## What the exercise asks
One part of the entries below is wanted: the lines from the one containing "-- The services of" through the one containing "register name s". Write those out exactly and nothing else.

## Records for this exercise
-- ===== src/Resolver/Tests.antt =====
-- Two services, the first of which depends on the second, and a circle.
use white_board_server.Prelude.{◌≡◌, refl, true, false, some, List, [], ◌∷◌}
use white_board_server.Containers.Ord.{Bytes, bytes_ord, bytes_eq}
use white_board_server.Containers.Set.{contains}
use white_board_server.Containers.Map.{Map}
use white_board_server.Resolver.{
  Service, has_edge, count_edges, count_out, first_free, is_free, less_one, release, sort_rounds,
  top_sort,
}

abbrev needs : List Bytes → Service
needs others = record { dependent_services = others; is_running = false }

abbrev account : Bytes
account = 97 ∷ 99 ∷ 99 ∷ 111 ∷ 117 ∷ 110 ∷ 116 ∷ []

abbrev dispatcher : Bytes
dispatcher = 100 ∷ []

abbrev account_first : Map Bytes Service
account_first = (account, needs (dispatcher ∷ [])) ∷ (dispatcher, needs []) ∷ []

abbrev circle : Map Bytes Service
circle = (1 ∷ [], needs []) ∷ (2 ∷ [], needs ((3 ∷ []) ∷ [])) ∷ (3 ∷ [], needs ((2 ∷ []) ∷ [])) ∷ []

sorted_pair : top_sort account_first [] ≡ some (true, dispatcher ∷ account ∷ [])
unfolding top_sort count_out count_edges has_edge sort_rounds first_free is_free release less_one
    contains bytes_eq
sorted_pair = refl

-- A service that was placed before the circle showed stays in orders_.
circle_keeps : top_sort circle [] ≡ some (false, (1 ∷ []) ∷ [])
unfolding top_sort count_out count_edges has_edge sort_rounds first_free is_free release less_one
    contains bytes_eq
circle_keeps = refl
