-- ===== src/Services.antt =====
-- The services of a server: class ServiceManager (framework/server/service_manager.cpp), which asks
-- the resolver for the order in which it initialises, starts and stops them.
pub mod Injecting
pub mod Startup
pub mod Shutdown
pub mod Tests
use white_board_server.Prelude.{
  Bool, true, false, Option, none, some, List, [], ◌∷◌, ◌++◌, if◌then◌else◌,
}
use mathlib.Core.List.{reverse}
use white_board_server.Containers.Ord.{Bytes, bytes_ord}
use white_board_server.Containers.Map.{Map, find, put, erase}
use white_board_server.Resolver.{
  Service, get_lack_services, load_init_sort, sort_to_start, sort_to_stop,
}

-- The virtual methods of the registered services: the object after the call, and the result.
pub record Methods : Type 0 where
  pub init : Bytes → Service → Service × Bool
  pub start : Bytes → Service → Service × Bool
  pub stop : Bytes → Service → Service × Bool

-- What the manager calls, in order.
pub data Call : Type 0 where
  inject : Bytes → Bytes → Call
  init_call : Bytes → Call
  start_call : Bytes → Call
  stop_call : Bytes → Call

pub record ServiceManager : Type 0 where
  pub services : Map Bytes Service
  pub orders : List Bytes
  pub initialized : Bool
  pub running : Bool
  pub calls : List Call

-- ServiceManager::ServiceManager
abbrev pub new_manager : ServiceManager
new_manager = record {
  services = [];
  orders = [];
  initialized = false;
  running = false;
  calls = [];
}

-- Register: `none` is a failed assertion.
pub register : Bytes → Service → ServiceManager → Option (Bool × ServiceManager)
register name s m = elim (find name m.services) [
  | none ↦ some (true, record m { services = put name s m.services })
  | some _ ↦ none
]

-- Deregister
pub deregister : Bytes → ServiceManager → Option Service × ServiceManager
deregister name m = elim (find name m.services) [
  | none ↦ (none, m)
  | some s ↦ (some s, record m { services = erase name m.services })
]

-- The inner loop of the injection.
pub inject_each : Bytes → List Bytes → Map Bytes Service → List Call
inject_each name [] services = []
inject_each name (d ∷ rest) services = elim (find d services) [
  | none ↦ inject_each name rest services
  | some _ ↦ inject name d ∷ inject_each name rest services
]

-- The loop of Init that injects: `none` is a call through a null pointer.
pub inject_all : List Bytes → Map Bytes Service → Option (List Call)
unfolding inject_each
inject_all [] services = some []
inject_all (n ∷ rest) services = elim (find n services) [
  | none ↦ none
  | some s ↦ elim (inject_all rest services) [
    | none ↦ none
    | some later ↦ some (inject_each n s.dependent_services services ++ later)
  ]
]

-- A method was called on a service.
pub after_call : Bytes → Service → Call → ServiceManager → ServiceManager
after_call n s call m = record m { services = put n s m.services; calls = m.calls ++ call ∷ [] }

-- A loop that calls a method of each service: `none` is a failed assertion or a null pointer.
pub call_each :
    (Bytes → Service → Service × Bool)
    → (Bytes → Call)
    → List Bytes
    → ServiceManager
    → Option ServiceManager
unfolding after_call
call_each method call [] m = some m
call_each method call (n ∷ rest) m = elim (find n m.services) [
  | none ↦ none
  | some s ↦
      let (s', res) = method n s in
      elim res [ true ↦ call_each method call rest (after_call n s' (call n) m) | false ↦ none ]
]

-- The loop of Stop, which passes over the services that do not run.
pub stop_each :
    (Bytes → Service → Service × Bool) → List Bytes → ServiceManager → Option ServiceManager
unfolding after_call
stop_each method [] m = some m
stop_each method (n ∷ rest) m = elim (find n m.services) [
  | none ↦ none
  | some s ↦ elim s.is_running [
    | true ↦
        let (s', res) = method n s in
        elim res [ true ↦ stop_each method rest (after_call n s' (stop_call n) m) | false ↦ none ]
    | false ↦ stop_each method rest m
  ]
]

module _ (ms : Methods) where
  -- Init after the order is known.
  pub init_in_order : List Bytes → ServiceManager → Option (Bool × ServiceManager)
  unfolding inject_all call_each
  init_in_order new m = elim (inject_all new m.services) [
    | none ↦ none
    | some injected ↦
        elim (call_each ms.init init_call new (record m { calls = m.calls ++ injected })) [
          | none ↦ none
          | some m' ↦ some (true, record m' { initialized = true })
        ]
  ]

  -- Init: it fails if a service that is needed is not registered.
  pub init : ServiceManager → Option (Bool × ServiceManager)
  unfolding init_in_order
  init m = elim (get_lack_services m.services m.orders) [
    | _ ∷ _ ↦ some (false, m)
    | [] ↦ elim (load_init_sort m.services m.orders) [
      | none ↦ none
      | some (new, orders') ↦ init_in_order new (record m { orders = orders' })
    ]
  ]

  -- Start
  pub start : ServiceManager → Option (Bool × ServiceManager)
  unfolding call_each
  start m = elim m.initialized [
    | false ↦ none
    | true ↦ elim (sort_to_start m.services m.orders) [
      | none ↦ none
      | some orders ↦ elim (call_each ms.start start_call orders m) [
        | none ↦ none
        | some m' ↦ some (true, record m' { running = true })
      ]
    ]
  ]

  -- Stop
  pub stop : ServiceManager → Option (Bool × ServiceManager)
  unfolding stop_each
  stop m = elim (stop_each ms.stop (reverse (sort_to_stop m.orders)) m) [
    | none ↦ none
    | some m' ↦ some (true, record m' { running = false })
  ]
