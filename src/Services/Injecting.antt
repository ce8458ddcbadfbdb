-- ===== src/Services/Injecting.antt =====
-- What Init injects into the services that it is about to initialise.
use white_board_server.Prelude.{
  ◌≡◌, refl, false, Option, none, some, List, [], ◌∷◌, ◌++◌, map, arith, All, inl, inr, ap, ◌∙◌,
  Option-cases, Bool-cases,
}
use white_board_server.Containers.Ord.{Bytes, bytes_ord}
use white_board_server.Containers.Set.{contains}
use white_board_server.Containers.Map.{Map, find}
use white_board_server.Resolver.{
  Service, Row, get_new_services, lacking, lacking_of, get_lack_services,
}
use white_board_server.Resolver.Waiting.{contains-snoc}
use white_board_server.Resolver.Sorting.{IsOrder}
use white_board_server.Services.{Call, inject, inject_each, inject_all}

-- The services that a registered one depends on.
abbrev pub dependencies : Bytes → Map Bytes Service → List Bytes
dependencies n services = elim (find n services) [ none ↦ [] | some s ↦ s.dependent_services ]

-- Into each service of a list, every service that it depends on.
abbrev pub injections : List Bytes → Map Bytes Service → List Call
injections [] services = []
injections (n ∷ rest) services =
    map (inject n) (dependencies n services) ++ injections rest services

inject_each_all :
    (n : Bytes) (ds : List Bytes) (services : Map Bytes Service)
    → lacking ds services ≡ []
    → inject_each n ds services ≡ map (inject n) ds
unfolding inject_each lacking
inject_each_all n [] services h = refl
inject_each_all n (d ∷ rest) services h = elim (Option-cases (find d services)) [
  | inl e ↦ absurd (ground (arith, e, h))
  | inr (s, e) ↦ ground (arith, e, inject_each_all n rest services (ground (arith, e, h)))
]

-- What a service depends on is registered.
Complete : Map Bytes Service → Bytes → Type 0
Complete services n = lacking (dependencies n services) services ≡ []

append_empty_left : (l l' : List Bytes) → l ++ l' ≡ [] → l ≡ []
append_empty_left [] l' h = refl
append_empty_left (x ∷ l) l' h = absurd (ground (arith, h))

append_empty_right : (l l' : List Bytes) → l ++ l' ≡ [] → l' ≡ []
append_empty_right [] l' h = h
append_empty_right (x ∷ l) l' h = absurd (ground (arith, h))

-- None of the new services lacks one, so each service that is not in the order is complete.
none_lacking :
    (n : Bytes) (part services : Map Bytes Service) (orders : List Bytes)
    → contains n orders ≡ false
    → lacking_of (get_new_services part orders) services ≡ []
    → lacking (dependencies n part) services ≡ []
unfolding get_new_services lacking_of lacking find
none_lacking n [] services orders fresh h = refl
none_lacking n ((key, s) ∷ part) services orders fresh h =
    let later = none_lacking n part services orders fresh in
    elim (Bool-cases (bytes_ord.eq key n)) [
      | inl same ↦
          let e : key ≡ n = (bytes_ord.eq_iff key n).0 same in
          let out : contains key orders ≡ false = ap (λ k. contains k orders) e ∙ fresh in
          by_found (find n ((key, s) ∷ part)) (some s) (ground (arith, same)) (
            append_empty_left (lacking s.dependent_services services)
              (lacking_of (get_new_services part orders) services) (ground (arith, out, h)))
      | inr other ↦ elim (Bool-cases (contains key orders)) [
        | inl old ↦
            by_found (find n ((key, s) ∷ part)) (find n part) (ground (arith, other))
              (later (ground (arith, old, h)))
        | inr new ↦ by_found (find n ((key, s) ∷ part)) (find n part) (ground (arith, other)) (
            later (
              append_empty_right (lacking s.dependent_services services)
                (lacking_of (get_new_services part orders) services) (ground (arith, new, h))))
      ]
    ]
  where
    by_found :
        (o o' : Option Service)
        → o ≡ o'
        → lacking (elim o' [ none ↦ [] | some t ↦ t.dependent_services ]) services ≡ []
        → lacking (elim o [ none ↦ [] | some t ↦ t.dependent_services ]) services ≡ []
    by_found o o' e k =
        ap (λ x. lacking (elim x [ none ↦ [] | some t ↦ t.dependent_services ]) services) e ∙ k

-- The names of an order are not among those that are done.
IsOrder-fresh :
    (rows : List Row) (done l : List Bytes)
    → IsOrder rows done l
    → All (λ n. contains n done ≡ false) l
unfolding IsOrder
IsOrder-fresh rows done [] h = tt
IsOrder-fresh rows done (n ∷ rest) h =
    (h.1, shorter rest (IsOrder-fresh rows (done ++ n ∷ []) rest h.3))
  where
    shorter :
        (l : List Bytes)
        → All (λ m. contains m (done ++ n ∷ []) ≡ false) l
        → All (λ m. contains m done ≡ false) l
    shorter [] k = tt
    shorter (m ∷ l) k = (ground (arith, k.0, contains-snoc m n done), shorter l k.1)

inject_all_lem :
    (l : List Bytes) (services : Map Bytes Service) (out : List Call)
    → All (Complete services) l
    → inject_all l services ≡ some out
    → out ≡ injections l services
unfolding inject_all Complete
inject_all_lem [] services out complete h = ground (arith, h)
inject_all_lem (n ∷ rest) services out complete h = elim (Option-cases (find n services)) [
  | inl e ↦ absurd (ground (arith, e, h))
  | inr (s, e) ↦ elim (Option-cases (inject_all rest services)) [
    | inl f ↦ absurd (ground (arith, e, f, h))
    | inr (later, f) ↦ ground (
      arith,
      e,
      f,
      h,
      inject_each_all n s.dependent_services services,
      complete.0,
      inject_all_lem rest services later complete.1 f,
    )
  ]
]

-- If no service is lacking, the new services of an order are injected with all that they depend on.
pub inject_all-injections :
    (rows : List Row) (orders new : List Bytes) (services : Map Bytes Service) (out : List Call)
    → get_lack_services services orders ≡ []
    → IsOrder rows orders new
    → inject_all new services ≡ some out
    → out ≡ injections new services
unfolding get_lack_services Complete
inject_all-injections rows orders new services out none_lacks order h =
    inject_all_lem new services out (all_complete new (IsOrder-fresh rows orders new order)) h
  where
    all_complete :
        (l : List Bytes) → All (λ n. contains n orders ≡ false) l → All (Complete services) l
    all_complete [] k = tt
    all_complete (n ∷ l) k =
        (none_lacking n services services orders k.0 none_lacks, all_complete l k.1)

## Solution
-- The services of a server: class ServiceManager (framework/server/service_manager.cpp), which asks
-- the resolver for the order in which it initialises, starts and stops them.
pub mod Injecting
pub mod Startup
pub mod Shutdown
pub mod Tests
use white_board_server.Prelude.{
  Bool, true, false, Option, none, some, List, [], ◌∷◌, ◌++◌, if◌then◌else◌,
}
use mathlib.Core.List.{reverse}
use white_board_server.Containers.Ord.{Bytes, bytes_ord}
use white_board_server.Containers.Map.{Map, find, put, erase}
use white_board_server.Resolver.{
  Service, get_lack_services, load_init_sort, sort_to_start, sort_to_stop,
}

-- The virtual methods of the registered services: the object after the call, and the result.
pub record Methods : Type 0 where
  pub init : Bytes → Service → Service × Bool
  pub start : Bytes → Service → Service × Bool
  pub stop : Bytes → Service → Service × Bool

-- What the manager calls, in order.
pub data Call : Type 0 where
  inject : Bytes → Bytes → Call
  init_call : Bytes → Call
  start_call : Bytes → Call
  stop_call : Bytes → Call

pub record ServiceManager : Type 0 where
  pub services : Map Bytes Service
  pub orders : List Bytes
  pub initialized : Bool
  pub running : Bool
  pub calls : List Call

-- ServiceManager::ServiceManager
abbrev pub new_manager : ServiceManager
new_manager = record {
  services = [];
  orders = [];
  initialized = false;
  running = false;
  calls = [];
}

-- Register: `none` is a failed assertion.
pub register : Bytes → Service → ServiceManager → Option (Bool × ServiceManager)
register name s m = elim (find name m.services) [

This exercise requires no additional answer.